近几年来，层状黑磷晶体材料作为一种比肩石墨烯的新型半导体材料，成为功能材料领域的研究热点，其独特的褶皱蜂窝状结构使黑磷的电学、热学等性质在层面内呈现出高度的各向异性，尽管黑磷具有高载流子迁移率，然而由于晶格热导率偏高且单层黑磷在空气中易氧化，限制了黑磷热电优值ZT的提升和在热电材料领域的应用。针对以上问题，本项目拟采用第一性原理计算方法详细研究块体黑磷和多层黑磷薄膜的电子结构、声子结构，并结合玻尔兹曼输运理论和Debye-Callaway模型研究其热电输运性质，探索黑磷薄膜的厚度和外加压力对于材料能带结构、声子结构的调制和对热电输运性质的影响；研究氮原子的掺入对于黑磷热电性能的优化机制；并利用纳米尺寸效应、掺杂和压力的协同作用调控黑磷的能带结构和声子分布，进而优化热电性能。本项目的开展为实验上制备高热电优值的黑磷材料提供了新思路，同时也为寻求其他同类结构、性能更好的热电材料提供理论借鉴。

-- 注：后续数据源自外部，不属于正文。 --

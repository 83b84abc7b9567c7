-- ===== src/PoolCache/Cpmm/Vaults.antt =====
-- src/pool_cache/cpmm.rs: the vaults that `fetch_cpmm_pool` puts beside the mints.
use mathlib.Core.Option.{some-injective}
use solana_atomic_arbitrage.Base.{
  ℕ, ◌≡◌, ◌⊎◌, sym, inl, inr, ap, subst, false, ◌&&◌, ◌||◌, some, Bool-cases, length, ltb, ◌/=◌,
  arith,
}
use solana_atomic_arbitrage.Base.Options.{>>=-eq-some, none_if-eq-some, none_if}
use solana_atomic_arbitrage.Client.Simulator.Raydium.{PoolStateData}
use solana_atomic_arbitrage.Client.Pool.{key_at}
use solana_atomic_arbitrage.PoolCache.Node.{Node, vault_balances}
use solana_atomic_arbitrage.PoolCache.Cpmm.{find_pool, mints_differ, read_pool, vault_pda}
use solana_atomic_arbitrage.Router.Types.{Pubkey, Runtime}

-- Each vault is the derived address of its own mint, or of the other mint.
abbrev pub OwnVaults : Runtime → PoolStateData → Type 0
OwnVaults rt s =
    (s.token_0_vault ≡ vault_pda rt s.pool_pubkey s.token_0_mint)
    × (s.token_1_vault ≡ vault_pda rt s.pool_pubkey s.token_1_mint)

abbrev pub CrossedVaults : Runtime → PoolStateData → Type 0
CrossedVaults rt s =
    (s.token_0_vault ≡ vault_pda rt s.pool_pubkey s.token_1_mint)
    × (s.token_1_vault ≡ vault_pda rt s.pool_pubkey s.token_0_mint)

either_order :
    (m0 m1 t0 t1 : ℕ)
    → (((m0 /= t0) || (m1 /= t1)) && ((m0 /= t1) || (m1 /= t0))) ≡ false
    → ((m0 ≡ t0) × (m1 ≡ t1)) ⊎ ((m0 ≡ t1) × (m1 ≡ t0))
either_order m0 m1 t0 t1 h = elim (Bool-cases ((m0 /= t0) || (m1 /= t1))) [
  | inl differ ↦ inr (ground arith, ground arith)
  | inr agree ↦ inl (ground arith, ground arith)
]

abbrev InOrder : Runtime → Pubkey → Pubkey → PoolStateData → Type 0
InOrder rt t0 t1 s =
    ((s.token_0_mint ≡ t0) × (s.token_1_mint ≡ t1) × OwnVaults rt s)
    ⊎ ((s.token_0_mint ≡ t1) × (s.token_1_mint ≡ t0) × CrossedVaults rt s)

in_order :
    (rt : Runtime) (pool t0 t1 m0 m1 config : Pubkey) (raw_0 raw_1 : ℕ)
    → ((m0 ≡ t0) × (m1 ≡ t1)) ⊎ ((m0 ≡ t1) × (m1 ≡ t0))
    → InOrder rt t0 t1 (record {
      pool_pubkey = pool;
      config_pubkey = config;
      token_0_mint = m0;
      token_1_mint = m1;
      token_0_vault = vault_pda rt pool t0;
      token_1_vault = vault_pda rt pool t1;
      token_0_vault_raw = raw_0;
      token_1_vault_raw = raw_1;
    })
in_order rt pool t0 t1 m0 m1 config raw_0 raw_1 (inl (e0, e1)) =
    inl (e0, e1, (ap (vault_pda rt pool) (sym e0), ap (vault_pda rt pool) (sym e1)))
in_order rt pool t0 t1 m0 m1 config raw_0 raw_1 (inr (e0, e1)) =
    inr (e0, e1, (ap (vault_pda rt pool) (sym e1), ap (vault_pda rt pool) (sym e0)))

-- A pool that was read for two mints has them in the order asked with each vault derived from its
-- own mint, or in the other order with each vault derived from the other mint.
pub read_pool-vaults :
    (rt : Runtime) (node : Node) (t0 t1 : Pubkey) (s : PoolStateData)
    → read_pool rt node t0 t1 ≡ some s
    → ((s.token_0_mint ≡ t0) × (s.token_1_mint ≡ t1) × OwnVaults rt s)
      ⊎ ((s.token_0_mint ≡ t1) × (s.token_1_mint ≡ t0) × CrossedVaults rt s)
unfolding read_pool mints_differ
read_pool-vaults rt node t0 t1 s h =
    let (found, _, h₁) = >>=-eq-some (find_pool rt node t0 t1) _ h in
    let (account, _, h₂) = >>=-eq-some (node.get_account found.1) _ h₁ in
    let (_, _, h₃) = >>=-eq-some (none_if (ltb (length account.bytes) 232)) _ h₂ in
    let (_, checked, h₄) =
      >>=-eq-some
        (none_if (mints_differ (key_at account.bytes 168) (key_at account.bytes 200) t0 t1)) _ h₃ in
    let agreed =
      none_if-eq-some (mints_differ (key_at account.bytes 168) (key_at account.bytes 200) t0 t1)
        checked in
    let amounts = vault_balances node (vault_pda rt found.1 t0) (vault_pda rt found.1 t1) in
    subst (InOrder rt t0 t1) (some-injective _ _ h₄)
      (in_order rt found.1 t0 t1 _ _ found.0 amounts.0 amounts.1 (either_order _ _ t0 t1 agreed))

Recently, black phosphorus (BP) has attracted much attention in the field of functional materials as it has unique properties compared to graphene. BP has a puckered layered structure which leads to significantly anisotropic electrical and thermal properties. BP has a high carrier mobility, but the lattice thermal conductivity of BP is high, and mono-layer BP is prone to oxidation in the air, which hinders the improvement of figure of merit ZT and its applications as a thermoelectric material. In this proposal, the applicant will investigate the electronic structure, phonon properties, and thermoelectric performance of bulk BP and multilayered BP thin films, using first-principles method with the combination of Boltzmann transport theory and Debye-Callaway model. The applicant will explore the effect of BP film thickness and pressure in tailoring the electronic band and phonon structures, and on thermoelectric properties of BP. Influence of nitrogen doping on thermoelectric performance of BP will also be studied. Moreover, the applicant will investigate the cooperative roles of film thickness, pressure, and doping in the modulation of band and phonon structures, and thermoelectric performance of BP will be improved accordingly. This proposal will provide new ideas for synthesizing novel high-efficiency BP materials, and also provide significantly useful information to go deep into the search of new thermoelectric materials with the similar structure and excellent properties.